334.15 Exposed Work. In exposed work, except as provided
in 300.11(A), the cable shall be installed as specified
in 334.15(A) through (C).
(A) To Follow Surface. The cable shall closely follow the
surface of the building finish or of running boards.
(B) Protection from Physical Damage. The cable shall be
protected from physical damage where necessary by rigid
metal conduit, intermediate metal conduit, electrical metallic
tubing, Schedule 80 PVC rigid nonmetallic conduit, or
other approved means. Where passing through a floor, the
cable shall be enclosed in rigid metal conduit, intermediate
metal conduit, electrical metallic tubing, Schedule 80 PVC
rigid nonmetallic conduit, or other approved means extending
at least 150 mm (6 in.) above the floor. 
Where Type NMC cable is installed in shallow chases
in masonry, concrete, or adobe, the cable shall be protected
against nails or screws by a steel plate at least 1.59 mm (1⁄16
in.) thick and covered with plaster, adobe, or similar finish.
(C) In Unfinished Basements. Where the cable is run at
angles with joists in unfinished basements, it shall be permissible
to secure cables not smaller than two 6 AWG or
three 8 AWG conductors directly to the lower edges of the
joists. Smaller cables shall be run either through bored
holes in joists or on running boards.

To summarize, if the cable will be exposed to physical damage, you need to protect it somehow. This may cause you to choose a conduit wiring system.
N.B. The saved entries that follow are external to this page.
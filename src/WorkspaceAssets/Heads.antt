-- ===== src/WorkspaceAssets/Heads.antt =====
-- modules/common/workspace.rs: the status of a head, and modules/file_mgr/dataset.rs: what becomes of it.
use al.Prelude.{
  ℕ, ◌<◌, ◌≡◌, ◌⊎◌, inl, inr, Bool, Option, List, ◌==◌, if◌then◌else◌, arith, ==_false, refl,
}
use al.Effects.{Fate}
use al.Effects.Triples.{Holds, Holds-mono}
use al.Common.AssetPath.{AssetPath}
use al.WorkspaceAssets.{AssetTree}
use al.WorkspaceAssets.Mutations.{
  Workspace, u64_max, Upload, upload_workspace_file, start_async_tree_delete,
}
use al.WorkspaceAssets.Revisions.{seen, SameAssets, Later, Advanced, Ordered}
use al.WorkspaceAssets.Commits.{upload_workspace_file-Advanced, start_async_tree_delete-Advanced}
use al.WorkspaceAssets.Life.{Life, Life-Later}

pub data HeadStatus : Type 0 where
  current stale : HeadStatus

-- `HeadStatus::from_revisions`, of the revisions' ids.
unfoldable pub from_revisions : ℕ → ℕ → HeadStatus
from_revisions head workspace = if head == workspace then current else stale

larger-stale : (head workspace : ℕ) → head < workspace → from_revisions head workspace ≡ stale
unfolding from_revisions
larger-stale head workspace lt = rw (==_false head workspace (λ e. absurd (omega arith))) refl

-- A later state that shows the revision `r`, to which a head that was current before is stale.
pub record Outdated (a : Workspace) (r : ℕ) (b : Workspace) : Type 0 where
  pub later : Later a b
  pub shown : seen b ≡ r
  pub status : (from_revisions (seen a) r ≡ stale) ⊎ (r ≡ u64_max)

Advanced-Outdated : (a : Workspace) (r : ℕ) (b : Workspace) → Advanced a r b → Outdated a r b
Advanced-Outdated a r b h = record {
  later = h.later;
  shown = h.shown;
  status = elim h.past [ inl more ↦ inl (larger-stale (seen a) r more) | inr full ↦ inr full ];
}

-- When an upload returns, whatever becomes of its calls, the daemon shows the revision of the
-- receipt, and a head that was current before is stale, unless that is the largest `u64`. When it
-- fails or dies, and when it returns, the state is a later one: the cached revision is the one in
-- `workspace.json` or the one before, neither goes back, and if a data set or a converter is no
-- longer as it was, the revision in `workspace.json` is larger than the one that was shown, or it is
-- the largest `u64`.
pub upload_workspace_file-Outdated :
    (a : Workspace) (up : Upload) (fates : List Fate)
    → Ordered a
    → Holds (Outdated a) (Later a) (upload_workspace_file up (record { state = a; fates = fates }))
upload_workspace_file-Outdated a up fates o =
    Holds-mono (Advanced a) (Outdated a) (Later a) (Later a) _ (λ r s h. Advanced-Outdated a r s h)
      (λ s h. h) (upload_workspace_file-Advanced a o up fates)

-- So it is when a delete of data sets or converters returns.
start_async_tree_delete-Outdated :
    (a : Workspace) (admitted : Bool) (tree : AssetTree) (sub : Option AssetPath)
    (fates : List Fate)
    → Ordered a
    → Holds
        (λ _ s. Outdated a (seen s) s)
        (Later a)
        (start_async_tree_delete admitted tree sub (record { state = a; fates = fates }))
start_async_tree_delete-Outdated a admitted tree sub fates o =
    let P : Unit → Workspace → Type 0 = λ _ s. Advanced a (seen s) s in
    let Q : Unit → Workspace → Type 0 = λ _ s. Outdated a (seen s) s in
    Holds-mono P Q (Later a) (Later a) _ (λ _ s h. Advanced-Outdated a (seen s) s h) (λ s h. h)
      (start_async_tree_delete-Advanced a o admitted tree sub fates)

-- After any uploads, deletes, failed calls, deaths of the process and restarts, a head that was
-- current before is stale to the revision in `workspace.json`, unless this is the largest `u64` or
-- the data sets and converters are as they were.
pub from_revisions-Life :
    (a b : Workspace)
    → Ordered a
    → Life a b
    → b.revision < u64_max
    → ¬ SameAssets a b
    → from_revisions (seen a) b.revision ≡ stale
from_revisions-Life a b o life room changed = elim ((Life-Later a b o life).marked) [
  | inl more ↦ larger-stale (seen a) b.revision more
  | inr (inl full) ↦ absurd (omega arith)
  | inr (inr same) ↦ absurd (changed same)
]
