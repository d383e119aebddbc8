-- ===== src/Placement/Quantity.antt =====
-- k8s.io/apimachinery's `resource.Quantity`, which the registry only calls: its operations, with what
-- its documentation says of them. A quantity is an exact number; `MilliValue` and `Value` round it up
-- to a whole number of thousandths and of units.
use fast_sandbox.Base.{◌≡◌, Bool, true, Option, String, ℤ, pos, ◌+ℤ◌, ◌-ℤ◌, ◌≤ℤ◌, ◌<ℤ◌}

pub record Quantities : Type 1 where
  pub Quantity : Type 0
  pub zero_quantity : Quantity
  pub add : Quantity → Quantity → Quantity
  pub sub : Quantity → Quantity → Quantity
  -- `Sign() > 0` and `Sign() < 0`
  pub is_positive : Quantity → Bool
  pub is_negative : Quantity → Bool
  -- `a.Cmp(b) <= 0`
  pub cmp_le : Quantity → Quantity → Bool
  pub milli_value : Quantity → ℤ
  pub value : Quantity → ℤ
  pub parse_quantity : String → Option Quantity

-- The documented arithmetic that the theorems use.
pub record QuantityLaws (q : Quantities) : Type 0 where
  pub milli_value-zero : q.milli_value q.zero_quantity ≡ pos 0
  pub value-zero : q.value q.zero_quantity ≡ pos 0
  pub milli_value-add :
      (a b : q.Quantity) → q.milli_value (q.add a b) ≤ℤ q.milli_value a +ℤ q.milli_value b
  pub value-add : (a b : q.Quantity) → q.value (q.add a b) ≤ℤ q.value a +ℤ q.value b
  pub milli_value-add_sub :
      (a b : q.Quantity) → q.milli_value (q.sub (q.add a b) b) ≡ q.milli_value a
  pub value-add_sub : (a b : q.Quantity) → q.value (q.sub (q.add a b) b) ≡ q.value a
  pub milli_value-positive : (a : q.Quantity) → q.is_positive a ≡ true → pos 0 <ℤ q.milli_value a
  pub value-positive : (a : q.Quantity) → q.is_positive a ≡ true → pos 0 <ℤ q.value a
  pub milli_value-sub :
      (a b : q.Quantity) → q.milli_value (q.sub a b) ≤ℤ q.milli_value a -ℤ q.milli_value b +ℤ pos 1
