-- ===== src/Placement/Reserve.antt =====
-- placement/registry.go: `ReserveLocal`, `ReleaseLocal`, `UpsertPod`, `RemoveIfPodUID` and the reads.
use Prim.Native.String.{◌++◌}
use fast_sandbox.Base.{
  Bool, true, false, not, ◌&&◌, ◌||◌, Option, none, some, List, [], ◌∷◌, String, Dict, lookup,
  insert, remove, ◌==◌, text_equality, if◌then◌else◌, ℤ, pos, negsuc, ◌≤ℤ◌, ◌<ℤ◌, ◌+ℤ◌, ◌-ℤ◌, ltb_ℤ,
  leb_ℤ,
}
use fast_sandbox.Placement.Quantity.{Quantities}
use fast_sandbox.Placement.Types.{Demand, FastletInfo, Registry, scheduling_used, slot_capacity}

-- `NewFastletID`
unfoldable pub fastlet_id : String → String → String
fastlet_id namespace name =
    if namespace == "" || namespace == "default" then name else namespace ++ "/" ++ name

-- What an int64 can hold.
abbrev pub InInt64 : ℤ → Type 0
InInt64 n = (negsuc 9223372036854775807 ≤ℤ n) × (n <ℤ pos 9223372036854775808)

-- The sum of two int64, which wraps around at 2^63.
abbrev pub wrap_int64 : ℤ → ℤ
wrap_int64 n =
    if leb_ℤ (pos 9223372036854775808) n
    then n -ℤ pos 18446744073709551616
    else if ltb_ℤ n (negsuc 9223372036854775807)
    then n +ℤ pos 18446744073709551616
    else n

unfoldable pub add_int64 : ℤ → ℤ → ℤ
add_int64 a b = wrap_int64 (a +ℤ b)

module _ (q : Quantities) where
  open q use {Quantity, add, sub, is_positive, milli_value, value}

  abbrev pub demands_resources : Demand Quantity → Bool
  demands_resources d = is_positive d.cpu && is_positive d.memory

  unfoldable pub promised_cpu : FastletInfo Quantity → ℤ
  unfolding add_int64
  promised_cpu i =
      add_int64 (milli_value i.resource_committed.cpu) (milli_value i.in_flight_resources.cpu)

  unfoldable pub promised_memory : FastletInfo Quantity → ℤ
  unfolding add_int64
  promised_memory i =
      add_int64 (value i.resource_committed.memory) (value i.in_flight_resources.memory)

  unfoldable pub exceeds : FastletInfo Quantity → Demand Quantity → Bool
  unfolding promised_cpu promised_memory add_int64
  exceeds i d =
      ltb_ℤ (milli_value i.resource_capacity.cpu) (add_int64 (promised_cpu i) (milli_value d.cpu))
      || ltb_ℤ (value i.resource_capacity.memory) (add_int64 (promised_memory i) (value d.memory))

  unfoldable pub reserve_slot : Demand Quantity → FastletInfo Quantity → FastletInfo Quantity × Bool
  unfolding exceeds
  reserve_slot d i =
      if leb_ℤ (slot_capacity i) (scheduling_used i)
      then (i, false)
      else if demands_resources d
      then (if exceeds i d then (i, false) else (
        record i {
          in_flight_resources = record {
            cpu = add i.in_flight_resources.cpu d.cpu;
            memory = add i.in_flight_resources.memory d.memory;
          };
          in_flight_slots = i.in_flight_slots +ℤ pos 1;
        },
        true,
      ))
      else (record i { in_flight_slots = i.in_flight_slots +ℤ pos 1 }, true)

  abbrev pub fewer_slots : ℤ → ℤ
  fewer_slots n = if ltb_ℤ (pos 0) n then n -ℤ pos 1 else n

  unfoldable pub release_slot : Demand Quantity → FastletInfo Quantity → FastletInfo Quantity
  release_slot d i =
      if demands_resources d
      then record i {
        in_flight_slots = fewer_slots i.in_flight_slots;
        in_flight_resources = record {
          cpu = sub i.in_flight_resources.cpu d.cpu;
          memory = sub i.in_flight_resources.memory d.memory;
        };
      }
      else record i { in_flight_slots = fewer_slots i.in_flight_slots }

  abbrev pub put_fastlet : String → FastletInfo Quantity → Registry Quantity → Registry Quantity
  put_fastlet id i r = record r { fastlets = insert id i r.fastlets }

  unfoldable pub reserve_found :
      String
      → Demand Quantity
      → Registry Quantity
      → Option (FastletInfo Quantity)
      → Registry Quantity × Bool
  unfolding reserve_slot
  reserve_found id d r none = (r, false)
  reserve_found id d r (some i) =
      let (j, granted) = reserve_slot d i in (put_fastlet id j r, granted)

  unfoldable pub reserve_local :
      String → Demand Quantity → Registry Quantity → Registry Quantity × Bool
  unfolding reserve_found
  reserve_local id d r = reserve_found id d r (lookup id r.fastlets)

  unfoldable pub release_found :
      String
      → Demand Quantity
      → Registry Quantity
      → Option (FastletInfo Quantity)
      → Registry Quantity
  unfolding release_slot
  release_found id d r none = r
  release_found id d r (some i) = put_fastlet id (release_slot d i) r

  unfoldable pub release_local : String → Demand Quantity → Registry Quantity → Registry Quantity
  unfolding release_found
  release_local id d r = release_found id d r (lookup id r.fastlets)

  -- `preserveHeartbeat`
  unfoldable pub preserve_heartbeat :
      FastletInfo Quantity → FastletInfo Quantity → FastletInfo Quantity
  preserve_heartbeat target previous = record target {
    runtime_ready = previous.runtime_ready;
    infra_ready = previous.infra_ready;
    draining = target.drain_requested || previous.draining;
    admission = previous.admission;
    resource_received_at = previous.resource_received_at;
    resource_committed = previous.resource_committed;
    in_flight_resources = previous.in_flight_resources;
    in_flight_slots = previous.in_flight_slots;
    resource_fence = previous.resource_fence;
    images = previous.images;
    prepared_artifacts = previous.prepared_artifacts;
    registry_revision = previous.registry_revision;
    warm_images = previous.warm_images;
    cache_epoch = previous.cache_epoch;
    cache_revision = previous.cache_revision;
    cache_complete = previous.cache_complete;
    sandbox_statuses = previous.sandbox_statuses;
    heartbeat_sequence = previous.heartbeat_sequence;
    last_heartbeat = previous.last_heartbeat;
    rejected_until = previous.rejected_until;
  }

  -- A slot that is new has the zero info, whose `PodUID` is empty.
  unfoldable pub upserted :
      FastletInfo Quantity → Option (FastletInfo Quantity) → FastletInfo Quantity
  unfolding preserve_heartbeat
  upserted info none = info
  upserted info (some old) =
      if not (old.pod_uid == "") && old.pod_uid == info.pod_uid
      then preserve_heartbeat info old
      else info

  unfoldable pub upsert_pod : FastletInfo Quantity → Registry Quantity → Registry Quantity
  unfolding upserted
  upsert_pod info r =
      if info.id == "" then r else put_fastlet info.id (upserted info (lookup info.id r.fastlets)) r

  abbrev pub pod_is : String → Option (FastletInfo Quantity) → Bool
  pod_is uid none = false
  pod_is uid (some i) = i.pod_uid == uid

  unfoldable pub remove_if_pod_uid : String → String → Registry Quantity → Registry Quantity
  remove_if_pod_uid id uid r =
      if pod_is uid (lookup id r.fastlets) then record r { fastlets = remove id r.fastlets } else r

  unfoldable pub get_fastlet_by_id : String → Registry Quantity → Option (FastletInfo Quantity)
  get_fastlet_by_id id r = lookup id r.fastlets

  abbrev pub infos : Dict (FastletInfo Quantity) → List (FastletInfo Quantity)
  infos [] = []
  infos ((k, i) ∷ m) = i ∷ infos m

  unfoldable pub get_all_fastlets : Registry Quantity → List (FastletInfo Quantity)
  get_all_fastlets r = infos r.fastlets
Additionally, if this is a non residential outbuilding, the following also applies (which does not allow Romex):

ARTICLE 334 NONMETALLIC-SHEATHED CABLE: TYPES NM, NMC, AND NMS
334.12 Uses Not Permitted.
(A) Types NM, NMC, and NMS. Types NM, NMC, and
NMS cables shall not be permitted under the following
conditions or in the following locations:
(1) In Type I or II construction unless permitted to be
Types III, IV, or V construction.
(2) In non-dwelling construction unless the cables are
concealed within walls, floors, or ceilings that provide
a thermal barrier of material that has at least a 15-
minute finish rating as identified in listings of firerated
assemblies
FPN: Building constructions are defined in NFPA 5000™-
2003, Building Construction and Safety Code™, or the applicable
building code.


----------



## K2 (Jul 8, 2005)

Thats why you get 6 different inspectors and 6 different interpretations of the code. I've been in construction for 35 years and have worked with people from all over U.S. and have a Commercial GC. license and an electrical license. What the flip is a running board????? > thanks for posting MD. Even though I think the people who write this *^&** never worked for a living I guess i still will have to learn it. RT


----------



## mdshunk (Mar 13, 2005)

Rob 53 said:


> What the flip is a running board?????


A running board is one option for running perpendicular cables on the undersides of joists in a unfinished basement. Normally, we'd run them through bored holes. On occasion, in very old homes, the floor joists are made of native timbers or logs with odd spacing. These are often undersized and spaced far apart. Drilling them would only add to the mess. In this situation, you'd attach a running board to the undersides of the joists and staple the cables to the running board. This can be anything, but normally it's a 1x4 or something along those lines.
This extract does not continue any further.